-- ===== src/Apple/Connect/Queue/Order.antt =====
-- Which command the device receives, and what is left in its queue.
use mathlib.Core.Path.{subst}
use mathlib.Core.Option.{some-injective}
use mdm_saa_s.Common.{
  ℕ, zero, suc, ◌+◌, ◌≤◌, String, true, not, ◌≡◌, refl, sym, ap, ◌↔◌, ◌∙◌, Option, none, some, List,
  [], ◌∷◌, ◌==◌, arith, inl, inr, Bool-cases, Option-cases, All, any, length, select, least,
  least-none, least_le, All-least, eq_iff, ltb, smaller,
}
use mdm_saa_s.Models.{Device, MdmCommand, CommandState}
use mdm_saa_s.Database.{Db, Result, ok}
use mdm_saa_s.Apple.Connect.Queue.{
  is_of_udid, is_waiting, waiting, mark_sent, deliver, get_next_command,
}

All-waiting :
    (devices : List Device) (udid : String) (cs : List MdmCommand)
    → All (λ c. is_waiting devices udid c ≡ true) (select (is_waiting devices udid) cs)
All-waiting devices udid [] = tt
All-waiting devices udid (c ∷ cs) = elim (Bool-cases (is_waiting devices udid c)) [
  | inl e ↦ rw e (e, All-waiting devices udid cs)
  | inr e ↦ rw e (All-waiting devices udid cs)
]

abbrev queued_at : MdmCommand → ℕ
queued_at c = c.queued_at

is_waiting_iff :
    (devices : List Device) (udid : String) (c : MdmCommand)
    → is_waiting devices udid c ≡ true
    → (is_of_udid devices udid c ≡ true) × (c.status ≡ CommandState.queued)
is_waiting_iff devices udid c h = ground arith

module _ (udid : String) (s : Db) where
  selected :
      (c : MdmCommand)
      → (get_next_command udid s).0 ≡ ok (some c)
      → least queued_at (waiting udid s) ≡ some c
  unfolding get_next_command
  selected c h = ground arith

  -- What a device receives is one of its queued commands, and none of those was queued before it.
  pub next_command_oldest :
      (c : MdmCommand)
      → (get_next_command udid s).0 ≡ ok (some c)
      → (is_of_udid s.devices udid c ≡ true)
        × (c.status ≡ CommandState.queued)
        × All (λ x. c.queued_at ≤ x.queued_at) (waiting udid s)
  next_command_oldest c h =
      let e = selected c h in
      let mine =
        All-least queued_at (λ x. is_waiting s.devices udid x ≡ true) (waiting udid s) c e
          (All-waiting s.devices udid s.commands) in
      let (of_udid, queued) = is_waiting_iff s.devices udid c mine in
      (of_udid, queued, least_le queued_at (waiting udid s) c e)

  -- The device is told to be idle exactly when none of its commands is queued.
  next_command_idle : ((get_next_command udid s).0 ≡ ok none) ↔ (waiting udid s ≡ [])
  unfolding get_next_command least
  next_command_idle = (
    λ h. least-none queued_at (waiting udid s) (ground arith),
    λ e. ap (λ o. (deliver o s).0) (ap (least queued_at) e),
  )

-- The queue after the update: the commands with another identifier.
waiting-mark_sent :
    (devices : List Device) (udid id : String) (cs : List MdmCommand)
    → select (is_waiting devices udid) (mark_sent id cs)
      ≡ select (λ x. not (x.id == id)) (select (is_waiting devices udid) cs)
waiting-mark_sent devices udid id [] = refl
waiting-mark_sent devices udid id (c ∷ cs) = ground (arith, waiting-mark_sent devices udid id cs)

length-without_le :
    (id : String) (xs : List MdmCommand) → length (select (λ x. not (x.id == id)) xs) ≤ length xs
length-without_le id [] = omega arith
length-without_le id (x ∷ xs) = ground (arith, length-without_le id xs)

-- A command that is in the queue does not stay there.
length-without_lt :
    (xs : List MdmCommand) (c : MdmCommand)
    → least queued_at xs ≡ some c
    → length (select (λ x. not (x.id == c.id)) xs) + 1 ≤ length xs
unfolding least
length-without_lt [] c h = absurd (cc)
length-without_lt (x ∷ []) c h = ground (arith, eq_iff x.id c.id)
length-without_lt (x ∷ y ∷ ys) c h =
    let z : MdmCommand = smaller queued_at y (least queued_at ys) in
    elim (Bool-cases (ltb z.queued_at x.queued_at)) [
      | inl e ↦ let later = length-without_lt (y ∷ ys) c (rw e at h) in ground (arith, later)
      | inr e ↦
          let same : x ≡ c = some-injective _ _ (rw e at h) in
          ground (
            arith,
            length-without_le c.id (y ∷ ys),
            eq_iff x.id c.id,
            ap (λ (m : MdmCommand). m.id) same,
          )
    ]

module _ (udid : String) (s : Db) where
  -- Delivering a command takes it out of the queue and leaves the others there, in their order.
  pub waiting-get_next_command :
      (c : MdmCommand)
      → (get_next_command udid s).0 ≡ ok (some c)
      → waiting udid (get_next_command udid s).1 ≡ select (λ x. not (x.id == c.id)) (waiting udid s)
  unfolding get_next_command
  waiting-get_next_command c h =
      ap (λ o. waiting udid (deliver o s).1) (selected udid s c h)
      ∙ waiting-mark_sent s.devices udid c.id s.commands

-- The command of an answer, before the commands of later answers.
abbrev reply : Result (Option MdmCommand) → List MdmCommand → List MdmCommand
reply (ok (some c)) cs = c ∷ cs
reply _ cs = cs

-- A device that polls `n` times: the commands that it receives, and the state after that.
unfoldable pub poll : ℕ → String → Db → List MdmCommand × Db
poll zero udid s = ([], s)
poll (suc n) udid s =
    let (r, s') = get_next_command udid s in let (later, t) = poll n udid s' in (reply r later, t)

length_zero {ℓ} : {A : Type ℓ} (xs : List A) → length xs ≤ 0 → xs ≡ []
length_zero [] h = refl
length_zero (x ∷ xs) h = absurd (omega arith)

module _ (udid : String) where
  shorter :
      (s : Db) (n : ℕ)
      → length (waiting udid s) ≤ suc n
      → length (waiting udid (get_next_command udid s).1) ≤ n
  unfolding get_next_command
  shorter s n h = elim (Option-cases (least queued_at (waiting udid s))) [
    | inl e ↦
        let empty = least-none queued_at (waiting udid s) e in
        let same = ap (λ o. length (waiting udid (deliver o s).1)) e in
        omega (arith, same, ap (λ (xs : List MdmCommand). length xs) empty)
    | inr (c, e) ↦
        let told = ap (λ o. (deliver o s).0) e in
        let left =
          ap (λ (xs : List MdmCommand). length xs) (waiting-get_next_command udid s c told) in
        omega (arith, left, length-without_lt (waiting udid s) c e)
  ]

  -- A command with the identifier is among the received ones.
  abbrev Receives : List MdmCommand → MdmCommand → Type 0
  Receives rs c = any (λ x. x.id == c.id) rs ≡ true

  -- What is received now and what is received of the others.
  received_again :
      (d : MdmCommand) (rs cs : List MdmCommand)
      → All (Receives rs) (select (λ x. not (x.id == d.id)) cs)
      → All (Receives (d ∷ rs)) cs
  received_again d rs [] h = tt
  received_again d rs (c ∷ cs) h = elim (Bool-cases (c.id == d.id)) [
    | inl e ↦
        let same : (d.id == c.id) ≡ true = (eq_iff d.id c.id).1 (sym ((eq_iff c.id d.id).0 e)) in
        (rw same refl, received_again d rs cs (rw e at h))
    | inr e ↦
        let (p, k) : Receives rs c × All (Receives rs) (select (λ x. not (x.id == d.id)) cs) =
          rw e at h in
        (ground (arith, p), received_again d rs cs k)
  ]

  -- One answer, where the later ones cover what it leaves in the queue.
  received_first :
      (s : Db) (rs : List MdmCommand)
      → All (Receives rs) (waiting udid (get_next_command udid s).1)
      → All (Receives (reply (get_next_command udid s).0 rs)) (waiting udid s)
  unfolding get_next_command
  received_first s rs h = elim (Option-cases (least queued_at (waiting udid s))) [
    | inl e ↦
        subst (All (Receives (reply (get_next_command udid s).0 rs)))
          (sym (least-none queued_at (waiting udid s) e)) tt
    | inr (c, e) ↦
        let told : (get_next_command udid s).0 ≡ ok (some c) = ap (λ o. (deliver o s).0) e in
        subst (λ r. All (Receives (reply r rs)) (waiting udid s)) (sym told)
          (received_again c rs (waiting udid s)
            (subst (All (Receives rs)) (waiting-get_next_command udid s c told) h))
  ]

  -- A device that polls at least as often as it has queued commands receives, for each of them, a command with
  -- its identifier, and none of its commands is queued any more.
  pub poll_drains :
      (n : ℕ) (s : Db)
      → length (waiting udid s) ≤ n
      → All (λ c. any (λ x. x.id == c.id) (poll n udid s).0 ≡ true) (waiting udid s)
        × (waiting udid (poll n udid s).1 ≡ [])
  unfolding poll
  poll_drains zero s h =
      let none_left = length_zero (waiting udid s) h in
      (subst (All (Receives [])) (sym none_left) tt, none_left)
  poll_drains (suc n) s h =
      let s' = (get_next_command udid s).1 in
      let (all, left) = poll_drains n s' (shorter s n h) in
      (received_first s (poll n udid s').0 all, left)
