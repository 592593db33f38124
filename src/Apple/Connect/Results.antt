-- ===== src/Apple/Connect/Results.antt =====
-- What the result of a command does: EraseDevice and the way to a spare device, and NotNow.
use mathlib.Core.Path.{subst}
use mdm_saa_s.Common.{
  ℕ, String, true, false, ◌≡◌, refl, sym, ap, ◌∙◌, none, some, List, [], ◌∷◌, map, arith, All,
  All-update_hit, select, select-update_where, update_where,
}
use mdm_saa_s.Models.{Device, DeviceStatus, MdmCommand, Tenant, is_queued}
use mdm_saa_s.Database.{Db, Result, ok, ◌>>◌, one_or_none, has_udid}
use mdm_saa_s.Database.Laws.{bind-ok}
use mdm_saa_s.Apple.Plist.{CommandResultMessage, CheckOutMessage}
use mdm_saa_s.Apple.Checkin.{find_device, leave, handle_checkout, checked_out}
use mdm_saa_s.Apple.Connect.Queue.{waiting, is_waiting}
use mdm_saa_s.Apple.Connect.Handler.{
  has_command_uuid, record_result, command_state, wiped, acknowledged, process_command_result,
}

-- A wiped device cannot be woken.
abbrev pub IsWiped : Device → Type 0
IsWiped d = (d.status ≡ DeviceStatus.wiped) × (d.push_token ≡ none) × (d.push_magic ≡ none)

abbrev pub IsSpare : Device → Type 0
IsSpare d = (d.status ≡ DeviceStatus.spare) × (d.push_token ≡ none) × (d.push_magic ≡ none)

module _ (now : ℕ) (uuid : String) (msg : CommandResultMessage) where
  acknowledged-erase :
      (c : MdmCommand) (t : Db)
      → select (has_command_uuid uuid) t.commands ≡ c ∷ []
      → c.command_type ≡ "EraseDevice"
      → acknowledged now uuid msg t
        ≡ (ok tt, record t { devices = update_where (has_udid msg.udid) wiped t.devices })
  unfolding acknowledged one_or_none
  acknowledged-erase c t only erase = rw (only, erase)

  abbrev recorded : Db → Db
  recorded s = record s {
    commands = update_where (has_command_uuid uuid) (record_result now uuid msg) s.commands;
  }

  process-ack :
      (s : Db)
      → msg.status ≡ "Acknowledged"
      → process_command_result now uuid msg s ≡ acknowledged now uuid msg (recorded s)
  unfolding process_command_result
  process-ack s ack = rw ack

  still_only :
      (c : MdmCommand) (s : Db)
      → select (has_command_uuid uuid) s.commands ≡ c ∷ []
      → select (has_command_uuid uuid) (recorded s).commands ≡ record_result now uuid msg c ∷ []
  unfolding record_result
  still_only c s only =
      select-update_where (has_command_uuid uuid) (record_result now uuid msg) s.commands
        (λ x. refl)
      ∙ ap (map (record_result now uuid msg)) only

  -- An acknowledged EraseDevice command: the whole effect.
  pub process-erase :
      (c : MdmCommand) (s : Db)
      → msg.status ≡ "Acknowledged"
      → select (has_command_uuid uuid) s.commands ≡ c ∷ []
      → c.command_type ≡ "EraseDevice"
      → process_command_result now uuid msg s ≡ (
        ok tt,
        record (recorded s) { devices = update_where (has_udid msg.udid) wiped s.devices },
      )
  unfolding record_result
  process-erase c s ack only erase =
      process-ack s ack
      ∙ acknowledged-erase (record_result now uuid msg c) (recorded s) (still_only c s only) erase

module _ (psso : Tenant → Result String) (now : ℕ) (msg : CheckOutMessage) where
  leave-wiped :
      (d : Device) (t : Db)
      → d.status ≡ DeviceStatus.wiped
      → All (λ x. has_udid msg.udid x ≡ true → IsSpare x) (leave psso now msg (some d) t).1.devices
  unfolding leave
  leave-wiped d t h = rw h (
      All-update_hit (λ x. has_udid msg.udid x ≡ true → IsSpare x) (has_udid msg.udid)
        (checked_out DeviceStatus.spare now) t.devices
        (unfold checked_out in λ x _ _. (refl, refl, refl)) (λ x out hit. absurd (cc)))

  -- A checkout of a device that is wiped.
  checkout-wiped :
      (d : Device) (t : Db)
      → select (has_udid msg.udid) t.devices ≡ d ∷ []
      → d.status ≡ DeviceStatus.wiped
      → All (λ x. has_udid msg.udid x ≡ true → IsSpare x) (handle_checkout psso now msg t).1.devices
  unfolding handle_checkout
  checkout-wiped d t only h =
      subst (λ y. All (λ x. has_udid msg.udid x ≡ true → IsSpare x) y.1.devices)
        (sym (
          bind-ok (find_device msg.udid) (leave psso now msg) t (some d) t
            (ap (λ xs. (one_or_none xs, t)) only)))
        (leave-wiped d t h)

-- When a device reports that it has been erased, and later leaves, it is a spare device without push
-- token and magic. The command's identifier is unique, and so is the device's udid.
pub erase_checkout-IsSpare :
    (now later : ℕ) (psso : Tenant → Result String) (uuid topic : String)
    (msg : CommandResultMessage) (s : Db) (c : MdmCommand) (d : Device)
    → msg.status ≡ "Acknowledged"
    → select (has_command_uuid uuid) s.commands ≡ c ∷ []
    → c.command_type ≡ "EraseDevice"
    → select (has_udid msg.udid) s.devices ≡ d ∷ []
    → All
        (λ x. has_udid msg.udid x ≡ true → IsSpare x)
        ((process_command_result now uuid msg
            >> handle_checkout psso later (record { udid = msg.udid; topic = topic }))
          s).1.devices
erase_checkout-IsSpare now later psso uuid topic msg s c d ack only erase one =
    let bye : CheckOutMessage = record { udid = msg.udid; topic = topic } in
    let t : Db = record (recorded now uuid msg s) {
      devices = update_where (has_udid msg.udid) wiped s.devices;
    } in
    subst (λ y. All (λ x. has_udid msg.udid x ≡ true → IsSpare x) y.1.devices)
      (sym (
        bind-ok (process_command_result now uuid msg) (λ _. handle_checkout psso later bye) s tt t
          (process-erase now uuid msg c s ack only erase)))
      (checkout-wiped psso later bye (wiped d) t
        (select-update_where (has_udid msg.udid) wiped s.devices (unfold wiped in λ x. refl)
          ∙ ap (map wiped) one)
        (unfold wiped in refl))

-- Updating commands so that they are not queued takes them out of every queue.
waiting-without :
    (ds : List Device) (udid uuid : String) (f : MdmCommand → MdmCommand) (cs : List MdmCommand)
    → ((x : MdmCommand)
        → (is_queued (f x).status ≡ false)
          × (has_command_uuid uuid (f x) ≡ has_command_uuid uuid x))
    → All
        (λ c. has_command_uuid uuid c ≡ false)
        (select (is_waiting ds udid) (update_where (has_command_uuid uuid) f cs))
waiting-without ds udid uuid f [] k = tt
waiting-without ds udid uuid f (c ∷ cs) k = ground (arith, k c, waiting-without ds udid uuid f cs k)

-- A command that the device puts off is out of every device's queue: no device will receive it.
pub not_now_leaves_queue :
    (now : ℕ) (uuid udid : String) (msg : CommandResultMessage) (s : Db)
    → msg.status ≡ "NotNow"
    → All
        (λ c. has_command_uuid uuid c ≡ false)
        (waiting udid (process_command_result now uuid msg s).1)
unfolding process_command_result record_result command_state
not_now_leaves_queue now uuid udid msg s deferred = rw deferred (
    waiting-without s.devices udid uuid (record_result now uuid (record msg { status = "NotNow" }))
      s.commands (λ x. (refl, refl)))
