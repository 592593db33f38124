-- ===== src/Apple/Profiles.antt =====
-- app/mdm/apple/profiles.py: the builders of configuration profiles. `plistlib.dumps` is not modelled: a
-- builder returns the dictionary that it is given. Signing is left out.
pub mod Values
pub mod Builder
pub mod Restrictions
pub mod Entra
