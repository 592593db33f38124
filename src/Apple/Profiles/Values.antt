-- ===== src/Apple/Profiles/Values.antt =====
-- The values of property lists, which the builders of profiles make.
use mdm_saa_s.Common.{ℕ, String, Bool, Option, none, some, List, [], ◌∷◌, map, ◌==◌, if◌then◌else◌}

-- The values of a property list.
mutual
  pub data Value : Type 0 where
    text : String → Value
    number : ℕ → Value
    flag : Bool → Value
    array : Values → Value
    dict : Entries → Value

  pub data Values : Type 0 where
    nil : Values
    cons : Value → Values → Values

  pub data Entries : Type 0 where
    end : Entries
    entry : String → Value → Entries → Entries

abbrev pub list_of : List Value → Values
list_of [] = nil
list_of (v ∷ vs) = cons v (list_of vs)

abbrev pub dict_of : List (String × Value) → Entries
dict_of [] = end
dict_of ((k, v) ∷ es) = entry k v (dict_of es)

abbrev pub texts_of : List String → Value
texts_of xs = array (list_of (map text xs))

-- `d[key]`
unfoldable pub lookup : String → Entries → Option Value
lookup key end = none
lookup key (entry k v es) = if k == key then some v else lookup key es
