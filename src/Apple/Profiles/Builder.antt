-- ===== src/Apple/Profiles/Builder.antt =====
-- build_profile_xml, and the identifiers of profiles.
use Prim.Native.String
use mdm_saa_s.Common.{
  String, Bool, Option, List, [], ◌∷◌, ◌++◌, map, present, get_or, if◌then◌else◌,
}
use mdm_saa_s.Database.{Action, pure, new_uuid, ◌>>=◌}
use mdm_saa_s.Apple.Profiles.Values.{
  Value, text, number, flag, array, dict, Entries, list_of, dict_of,
}

infixr 65 ◌<>◌
abbrev pub ◌<>◌ : String → String → String
s <> t = String.◌++◌ s t

-- The keys that each payload begins with.
abbrev pub payload_head : String → String → String → String → List (String × Value)
payload_head kind identifier uuid name =
    ("PayloadType", text kind)
    ∷ ("PayloadVersion", number 1)
    ∷ ("PayloadIdentifier", text identifier)
    ∷ ("PayloadUUID", text uuid)
    ∷ ("PayloadDisplayName", text name)
    ∷ []

unfoldable pub usb_block_profile_identifier : String → String
usb_block_profile_identifier tenant_id = "com.mdmsaas.usb.block.profile." <> tenant_id

unfoldable pub icloud_block_profile_identifier : String → String
icloud_block_profile_identifier tenant_id = "com.mdmsaas.icloud.block.profile." <> tenant_id

unfoldable pub onedrive_kfm_profile_identifier : String → String
onedrive_kfm_profile_identifier tenant_id = "com.mdmsaas.onedrive.kfm.profile." <> tenant_id

unfoldable pub psso_profile_identifier : String → String
psso_profile_identifier tenant_id = "com.mdmsaas.psso.profile." <> tenant_id

-- `identifier if identifier else f"com.mdmsaas.profile.{uuid.uuid4()}"`
unfoldable pub top_identifier : Option String → Action String
top_identifier identifier =
    if present identifier
    then pure (get_or identifier "")
    else (do u ← new_uuid; pure ("com.mdmsaas.profile." <> u))

unfoldable pub build_profile_xml :
    List Entries → String → String → Bool → Option String → Action Entries
unfolding top_identifier
build_profile_xml payloads name description removal_disallowed identifier = do
  top ← top_identifier identifier
  uuid ← new_uuid
  pure (
      dict_of (
        payload_head "Configuration" top uuid name
        ++ ("PayloadDescription", text description)
          ∷ ("PayloadScope", text "System")
          ∷ ("PayloadRemovalDisallowed", flag removal_disallowed)
          ∷ ("PayloadContent", array (list_of (map dict payloads)))
          ∷ []))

● What is expected: Only certain lines are wanted. Please return exactly those from the top of the data through the line with "All-waiting devices udid [] = tt".

● Answer space:
-- ===== src/Apple/Connect/Queue/Order.antt =====
-- Which command the device receives, and what is left in its queue.
use mathlib.Core.Path.{subst}
use mathlib.Core.Option.{some-injective}
use mdm_saa_s.Common.{
  ℕ, zero, suc, ◌+◌, ◌≤◌, String, true, not, ◌≡◌, refl, sym, ap, ◌↔◌, ◌∙◌, Option, none, some, List,
  [], ◌∷◌, ◌==◌, arith, inl, inr, Bool-cases, Option-cases, All, any, length, select, least,
  least-none, least_le, All-least, eq_iff, ltb, smaller,
}
use mdm_saa_s.Models.{Device, MdmCommand, CommandState}
use mdm_saa_s.Database.{Db, Result, ok}
use mdm_saa_s.Apple.Connect.Queue.{
  is_of_udid, is_waiting, waiting, mark_sent, deliver, get_next_command,
}

All-waiting :
    (devices : List Device) (udid : String) (cs : List MdmCommand)
    → All (λ c. is_waiting devices udid c ≡ true) (select (is_waiting devices udid) cs)
All-waiting devices udid [] = tt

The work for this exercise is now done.